#### Work to complete:
Count lines with "wiped" below; give only the number.
Start of Material for this exercise
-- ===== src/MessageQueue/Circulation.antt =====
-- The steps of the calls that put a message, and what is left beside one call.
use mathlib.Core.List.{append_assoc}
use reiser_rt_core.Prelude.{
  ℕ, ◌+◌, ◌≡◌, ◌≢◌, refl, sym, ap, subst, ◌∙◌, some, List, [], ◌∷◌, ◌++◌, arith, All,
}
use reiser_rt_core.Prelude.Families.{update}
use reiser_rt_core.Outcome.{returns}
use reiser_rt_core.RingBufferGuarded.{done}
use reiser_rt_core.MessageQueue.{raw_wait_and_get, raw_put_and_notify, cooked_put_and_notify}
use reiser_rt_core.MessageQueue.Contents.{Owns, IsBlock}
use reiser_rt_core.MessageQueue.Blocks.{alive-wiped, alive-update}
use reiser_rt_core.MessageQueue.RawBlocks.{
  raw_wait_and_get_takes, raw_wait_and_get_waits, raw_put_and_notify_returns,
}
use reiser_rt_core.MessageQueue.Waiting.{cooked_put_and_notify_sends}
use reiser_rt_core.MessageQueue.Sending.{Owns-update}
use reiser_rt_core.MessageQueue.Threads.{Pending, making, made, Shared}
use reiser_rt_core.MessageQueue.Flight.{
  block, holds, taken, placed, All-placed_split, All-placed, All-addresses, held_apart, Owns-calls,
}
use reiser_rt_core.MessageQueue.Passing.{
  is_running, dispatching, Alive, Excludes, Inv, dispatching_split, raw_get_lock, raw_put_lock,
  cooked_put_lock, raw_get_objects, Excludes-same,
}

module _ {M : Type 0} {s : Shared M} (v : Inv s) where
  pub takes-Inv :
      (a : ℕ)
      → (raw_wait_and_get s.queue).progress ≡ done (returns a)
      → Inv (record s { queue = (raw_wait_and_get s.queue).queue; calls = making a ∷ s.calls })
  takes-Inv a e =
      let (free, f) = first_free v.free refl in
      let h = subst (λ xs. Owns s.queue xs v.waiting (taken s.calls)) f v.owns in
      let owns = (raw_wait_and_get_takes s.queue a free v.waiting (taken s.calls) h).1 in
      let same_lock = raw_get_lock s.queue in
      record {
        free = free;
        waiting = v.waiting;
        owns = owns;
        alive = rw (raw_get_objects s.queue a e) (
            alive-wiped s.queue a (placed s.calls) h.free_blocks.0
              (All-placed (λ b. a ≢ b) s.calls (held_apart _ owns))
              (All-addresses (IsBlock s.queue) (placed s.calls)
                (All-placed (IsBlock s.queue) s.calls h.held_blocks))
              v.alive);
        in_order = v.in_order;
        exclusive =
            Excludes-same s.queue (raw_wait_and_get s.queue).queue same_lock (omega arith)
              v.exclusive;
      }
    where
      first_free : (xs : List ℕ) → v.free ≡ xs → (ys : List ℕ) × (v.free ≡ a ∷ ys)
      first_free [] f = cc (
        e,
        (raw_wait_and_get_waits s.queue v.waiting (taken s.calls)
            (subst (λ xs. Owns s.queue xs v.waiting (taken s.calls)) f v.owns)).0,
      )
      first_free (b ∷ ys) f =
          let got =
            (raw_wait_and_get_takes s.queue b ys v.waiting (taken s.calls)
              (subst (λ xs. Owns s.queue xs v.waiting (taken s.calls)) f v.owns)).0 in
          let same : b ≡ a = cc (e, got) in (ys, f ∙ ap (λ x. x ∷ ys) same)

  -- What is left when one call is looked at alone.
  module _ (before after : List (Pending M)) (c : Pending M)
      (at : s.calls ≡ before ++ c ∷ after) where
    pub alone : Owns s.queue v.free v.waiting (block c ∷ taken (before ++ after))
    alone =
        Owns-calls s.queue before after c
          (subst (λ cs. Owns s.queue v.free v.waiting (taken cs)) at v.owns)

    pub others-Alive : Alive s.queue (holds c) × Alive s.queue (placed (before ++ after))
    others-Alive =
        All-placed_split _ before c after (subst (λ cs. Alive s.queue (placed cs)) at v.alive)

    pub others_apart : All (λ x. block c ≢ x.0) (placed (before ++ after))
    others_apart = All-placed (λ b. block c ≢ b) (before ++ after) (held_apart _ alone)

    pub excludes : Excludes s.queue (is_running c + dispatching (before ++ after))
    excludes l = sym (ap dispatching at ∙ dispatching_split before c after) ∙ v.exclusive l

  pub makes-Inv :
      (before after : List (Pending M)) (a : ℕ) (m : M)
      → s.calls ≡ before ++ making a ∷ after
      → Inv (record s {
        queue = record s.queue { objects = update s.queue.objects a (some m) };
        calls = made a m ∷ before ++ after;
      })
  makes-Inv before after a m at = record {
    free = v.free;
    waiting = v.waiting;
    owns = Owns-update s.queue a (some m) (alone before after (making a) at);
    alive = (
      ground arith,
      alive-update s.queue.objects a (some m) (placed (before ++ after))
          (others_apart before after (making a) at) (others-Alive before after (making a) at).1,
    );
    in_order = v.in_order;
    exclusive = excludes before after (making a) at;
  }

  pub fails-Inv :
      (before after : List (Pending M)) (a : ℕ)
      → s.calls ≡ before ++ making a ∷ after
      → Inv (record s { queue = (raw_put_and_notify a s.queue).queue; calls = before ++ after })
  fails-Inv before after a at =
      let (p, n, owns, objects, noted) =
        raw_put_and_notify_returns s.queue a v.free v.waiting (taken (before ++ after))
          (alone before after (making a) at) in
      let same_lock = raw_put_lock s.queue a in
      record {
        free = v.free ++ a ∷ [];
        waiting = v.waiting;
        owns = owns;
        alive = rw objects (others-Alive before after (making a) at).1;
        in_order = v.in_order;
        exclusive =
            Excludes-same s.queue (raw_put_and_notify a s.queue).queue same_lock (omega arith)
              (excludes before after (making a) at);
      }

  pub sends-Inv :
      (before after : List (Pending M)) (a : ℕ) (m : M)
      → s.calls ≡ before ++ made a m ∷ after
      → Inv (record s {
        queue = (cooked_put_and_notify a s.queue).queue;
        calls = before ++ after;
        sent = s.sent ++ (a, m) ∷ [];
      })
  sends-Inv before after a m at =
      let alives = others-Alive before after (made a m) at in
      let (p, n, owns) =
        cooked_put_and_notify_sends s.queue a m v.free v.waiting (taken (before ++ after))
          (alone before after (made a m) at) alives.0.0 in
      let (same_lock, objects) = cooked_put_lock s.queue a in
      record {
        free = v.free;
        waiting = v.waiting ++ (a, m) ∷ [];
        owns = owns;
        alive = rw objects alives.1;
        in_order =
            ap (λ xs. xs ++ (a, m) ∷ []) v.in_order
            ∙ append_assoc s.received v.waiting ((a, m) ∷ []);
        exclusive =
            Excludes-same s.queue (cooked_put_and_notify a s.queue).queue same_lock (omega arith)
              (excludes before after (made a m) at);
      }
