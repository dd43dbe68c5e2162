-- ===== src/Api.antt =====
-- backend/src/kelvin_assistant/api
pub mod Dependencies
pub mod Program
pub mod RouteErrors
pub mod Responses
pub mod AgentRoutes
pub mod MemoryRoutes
End of Material for this exercise
#### Solution for this task:
2